No Shinkei Geka. 2023 Jul;51(4):642-653. doi: 10.11477/mf.1436204797.
The major changes in the upcoming 5 edition of the "2022 WHO Classification of Endocrine and Neuroendocrine Tumors" include:(1)evolution of the nomenclature: from pituitary adenoma to pituitary neuroendocrine tumour(PitNET),(2)detailed subtyping of a PitNET based on the tumor lineage, cell type, and related characteristics,(3)endorsement of the routine use of immunohistochemistry for pituitary transcription factors(PIT1, TPIT, SF1, GATA3, and ER-alpha),(4)introduction of some additional clinicopathologically distinct PitNET subtypes,(5)introduction of the term "metastatic PitNET" to replace the previous terminology "pituitary carcinoma," and(6)unifying posterior lobe tumors, the family of pituicyte tumors that invariably express TTF1, et al. Currently, no widely agreed grading or staging systems for PitNETs exist. Prognosis varies by tumor subtype and certain tumor subtypes are recognized as more aggressive(high-risk PitNETs)than others. Potentially aggressive PitNETs should be identified on an individual basis upon considering the tumor subtype, proliferative potential, and tumor invasion assessment.
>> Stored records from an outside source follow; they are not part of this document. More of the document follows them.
-- ===== src/UsbHid/Runs.antt =====
-- Everything that firmware/main/usb_hid.c does, in any order: the tasks that take `s_lock` in turn, and
-- callbacks in between.
use remote_wake.Base.{
  ℕ, ◌≡◌, ◌⊎◌, sym, subst, inl, inr, refl, Bool, true, false, not, ◌&&◌, ◌||◌, List, [], ◌∷◌,
  Option, some, none, ◌==◌, if◌then◌else◌, arith,
}
use remote_wake.Json.{Json}
use remote_wake.UsbHid.State.{
  Err, is_ok, Callback, Slice, Hid, start, enter, bus_state, on_callbacks,
}
use remote_wake.UsbHid.Report.{Run, release_all}
use remote_wake.UsbHid.Keys.{Layout}
use remote_wake.UsbHid.Actions.{
  ◌finally◌, Attempt, ctrl_report, text_reports, wake, type_text, press_keys, plan_keys,
  recover_active, recovery_once, quiesce_keyboard, init_keyboard,
}
use remote_wake.UsbHid.Chains.{Always, if-Always, and_then-Always, look-keeps}
use remote_wake.UsbHid.Release.{IsSafe, SafeSince-IsKept, since_start, on_callbacks-IsSafe}
use remote_wake.UsbHid.Sending.{Released, release_all-Released, weaken}
use remote_wake.UsbHid.Order.{Pressed}
use remote_wake.UsbHid.Typing.{finally-Always}
use remote_wake.UsbHid.Finish.{
  wake-Pressed, type_text-Pressed, press_keys-Pressed, restart_if_up-since,
}
use remote_wake.Base.Results.{Result, ok, err}

pub data Op (D : Type 0) : Type 0 where
  initialises : Bool → Bool → Err → Op D
  wakes : Attempt → Op D
  types : Option (List ℕ) → Bool → Attempt → Op D
  presses : Json D → Attempt → Op D
  recovers quiesces : Bool → Op D
  resumes : Op D
  receives : List Callback → Op D

abbrev SafeRun : Run → Type 0
SafeRun = Always (λ h e. IsSafe h)

module _ (L : Layout) {D : Type 0} where
  -- `rw_hid_resume_actions` is among them.
  unfoldable pub run_op : Op D → Hid → List Slice → Run
  run_op (Op.initialises mutex task driver) h rest =
      let (h', e) = init_keyboard mutex task driver h in some (h', rest, e)
  run_op (Op.wakes a) h rest = wake a h rest
  run_op (Op.types text enter a) h rest = type_text L text enter a h rest
  run_op (Op.presses seq a) h rest = press_keys L seq a h rest
  run_op (Op.recovers taken) h rest = recovery_once taken h rest
  run_op (Op.quiesces taken) h rest = quiesce_keyboard taken h rest
  run_op Op.resumes h rest = some (record h { quiesced = false }, rest, Err.ok)
  run_op (Op.receives callbacks) h rest = some (on_callbacks h callbacks, rest, Err.ok)

  unfoldable pub run_ops : List (Op D) → Hid → List Slice → Run
  unfolding run_op
  run_ops [] h rest = some (h, rest, Err.ok)
  run_ops (op ∷ ops) h rest = run_op op h rest finally λ e. run_ops ops

-- A change of statics that the bookkeeping does not read, or a new debt.
changed-IsSafe :
    (h : Hid) (installed quiesced owed active : Bool) (epoch : ℕ)
    → IsSafe h
    → IsSafe (record h {
      installed = installed;
      quiesced = quiesced;
      need_release = if owed then true else h.need_release;
      was_active = active;
      observed_epoch = epoch;
    })
changed-IsSafe h installed quiesced true active epoch safe = record {
  completes = safe.completes;
  claims = safe.claims;
  clears = λ c. absurd (ground arith);
  guarded = safe.guarded;
}
changed-IsSafe h installed quiesced false active epoch safe = record {
  completes = safe.completes;
  claims = safe.claims;
  clears = safe.clears;
  guarded = safe.guarded;
}

release-IsSafe : (g : Hid) (rest : List Slice) → IsSafe g → SafeRun (release_all g rest)
release-IsSafe g rest safe =
    weaken (Released g) (λ h e. IsSafe h) (release_all g rest) (release_all-Released g rest safe)
      (λ h e r. r.safe)

recover_active-IsSafe :
    (active : Bool) (epoch : ℕ) (h : Hid) (rest : List Slice)
    → IsSafe h
    → SafeRun (recover_active active epoch h rest)
unfolding recover_active
recover_active-IsSafe active epoch h rest safe =
    let owed = not active || not h.was_active || not (epoch == h.observed_epoch) in
    let marked = record h {
      need_release = if owed then true else h.need_release;
      observed_epoch = epoch;
      was_active = active;
    } in
    let fine = changed-IsSafe h h.installed h.quiesced owed active epoch safe in
    if-Always (λ h e. IsSafe h) (active && marked.need_release) _ _
      (λ due.
        finally-Always (λ h e. IsSafe h) (λ h e. IsSafe h) (release_all marked rest) _
          (release-IsSafe marked rest fine)
          (λ f later e p.
            if-Always (λ h e. IsSafe h) (is_ok e) _ _ (λ good. p)
              (λ bad.
                weaken _ (λ h e. IsSafe h) _ (restart_if_up-since f f later Err.ok (since_start p))
                  (λ h' e' q. q.0.safe))))
      (λ idle. fine)

recovery_once-IsSafe :
    (taken : Bool) (h : Hid) (rest : List Slice) → IsSafe h → SafeRun (recovery_once taken h rest)
unfolding recovery_once
recovery_once-IsSafe taken h rest safe =
    let kept = SafeSince-IsKept h in
    if-Always (λ h e. IsSafe h) (not h.installed || h.quiesced || not taken) _ _ (λ off. safe)
      (λ on.
        look-keeps kept (λ h e. IsSafe h) h rest _ (since_start safe)
          (λ f later seen.
            look-keeps kept (λ h e. IsSafe h) (bus_state f).0 later _ (kept.through_state f seen)
              (λ f₂ later₂ seen₂.
                recover_active-IsSafe (is_ok (bus_state f).1) f₂.bus_epoch f₂ later₂ seen₂.safe)))

quiesce_keyboard-IsSafe :
    (taken : Bool) (h : Hid) (rest : List Slice)
    → IsSafe h
    → SafeRun (quiesce_keyboard taken h rest)
unfolding quiesce_keyboard
quiesce_keyboard-IsSafe taken h rest safe =
    let kept = SafeSince-IsKept h in
    if-Always (λ h e. IsSafe h) (not h.installed) _ _ (λ away. safe)
      (λ there.
        if-Always (λ h e. IsSafe h) (not taken || h.quiesced) _ _ (λ busy. safe)
          (λ free.
            look-keeps kept (λ h e. IsSafe h) h rest _ (since_start safe)
              (λ f later seen.
                let polled = kept.through_state f seen in
                and_then-Always (λ h e. IsSafe h) _ _
                  (if-Always (λ h e. IsSafe h) (is_ok (bus_state f).1) _ _
                    (λ up. release-IsSafe (bus_state f).0 later polled.safe) (λ down. polled.safe))
                  (λ h' more e good p.
                    changed-IsSafe h' h'.installed true false h'.was_active h'.observed_epoch p)
                  (λ h' e bad p. p))))

init_keyboard-IsSafe :
    (mutex task : Bool) (driver : Err) (h : Hid)
    → IsSafe h
    → IsSafe (init_keyboard mutex task driver h).0
unfolding init_keyboard
init_keyboard-IsSafe mutex task driver h safe = record {
  completes = let old = safe.completes in ground arith;
  claims = let old = safe.claims in ground arith;
  clears = let old = safe.clears in ground arith;
  guarded = let old = safe.guarded in ground arith;
}

null_text-IsSafe :
    (L : Layout) (enter : Bool) (a : Attempt) (h : Hid) (rest : List Slice)
    → IsSafe h
    → SafeRun (type_text L none enter a h rest)
unfolding type_text
null_text-IsSafe L enter a h rest safe = safe

Pressed-safe :
    (plan : List (List ℕ)) (g : Hid) (run : Run) → Always (Pressed g plan) run → SafeRun run
Pressed-safe plan g run p = weaken (Pressed g plan) (λ h e. IsSafe h) run p (λ h e q. q.safe)

pub start-IsSafe : IsSafe start
unfolding start
start-IsSafe = record {
  completes = λ c. absurd (ground arith);
  claims = λ c. absurd (ground arith);
  clears = λ c. absurd (ground arith);
  guarded = tt;
}

pub Result-cases :
    {E A : Type 0} (m : Result E A) → ((a : A) × (m ≡ ok a)) ⊎ ((e : E) × (m ≡ err e))
Result-cases (ok a) = inl (a, refl)
Result-cases (err e) = inr (e, refl)

module _ (L : Layout) {D : Type 0} where
  press_keys-IsSafe :
      (seq : Json D) (a : Attempt) (g : Hid) (rest : List Slice)
      → IsSafe g
      → SafeRun (press_keys L seq a g rest)
  press_keys-IsSafe seq a g rest safe =
      let (refused, pressed) = press_keys-Pressed L seq a g rest safe in
      elim (Result-cases (plan_keys L seq)) [
        | inl (plan, good) ↦ Pressed-safe plan g _ (pressed plan good)
        | inr (e, bad) ↦ subst SafeRun (sym (refused e bad)) safe
      ]

  run_op-IsSafe :
      (op : Op D) (h : Hid) (rest : List Slice) → IsSafe h → SafeRun (run_op L op h rest)
  unfolding run_op
  run_op-IsSafe (Op.initialises mutex task driver) h rest safe =
      init_keyboard-IsSafe mutex task driver h safe
  run_op-IsSafe (Op.wakes a) h rest safe =
      Pressed-safe (ctrl_report ∷ ctrl_report ∷ []) h _ (wake-Pressed a h rest safe)
  run_op-IsSafe (Op.types none enter a) h rest safe = null_text-IsSafe L enter a h rest safe
  run_op-IsSafe (Op.types (some text) enter a) h rest safe =
      Pressed-safe (text_reports L text enter) h _ (type_text-Pressed L text enter a h rest safe).0
  run_op-IsSafe (Op.presses seq a) h rest safe = press_keys-IsSafe seq a h rest safe
  run_op-IsSafe (Op.recovers taken) h rest safe = recovery_once-IsSafe taken h rest safe
  run_op-IsSafe (Op.quiesces taken) h rest safe = quiesce_keyboard-IsSafe taken h rest safe
  run_op-IsSafe Op.resumes h rest safe =
      changed-IsSafe h h.installed false false h.was_active h.observed_epoch safe
  run_op-IsSafe (Op.receives callbacks) h rest safe = on_callbacks-IsSafe h callbacks safe

  pub run_ops-keeps :
      (ops : List (Op D)) (h : Hid) (rest : List Slice) → IsSafe h → SafeRun (run_ops L ops h rest)
  unfolding run_ops
  run_ops-keeps [] h rest safe = safe
  run_ops-keeps (op ∷ ops) h rest safe =
      finally-Always (λ h' e. IsSafe h') (λ h' e. IsSafe h') (run_op L op h rest) _
        (run_op-IsSafe op h rest safe) (λ f later e p. run_ops-keeps ops f later p)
即将出版的第5版《2022年世界卫生组织内分泌和神经内分泌肿瘤分类》中的主要变化包括:(1)命名法的演变:从垂体腺瘤到垂体神经内分泌肿瘤(PitNET);(2)根据肿瘤谱系、细胞类型和相关特征对PitNET进行详细的亚型分类;(3)认可垂体转录因子(PIT1、TPIT、SF1、GATA3和雌激素受体α)免疫组化的常规应用;(4)引入一些其他临床病理特征明显的PitNET亚型;(5)引入“转移性PitNET”一词以取代先前的术语“垂体癌”;(6)统一后叶肿瘤,即总是表达甲状腺转录因子1等的垂体细胞瘤家族。目前,尚无广泛认可的PitNET分级或分期系统。预后因肿瘤亚型而异,某些肿瘤亚型被认为比其他亚型更具侵袭性(高风险PitNET)。应在考虑肿瘤亚型、增殖潜能和肿瘤侵袭评估的基础上,对潜在侵袭性PitNET进行个体化识别。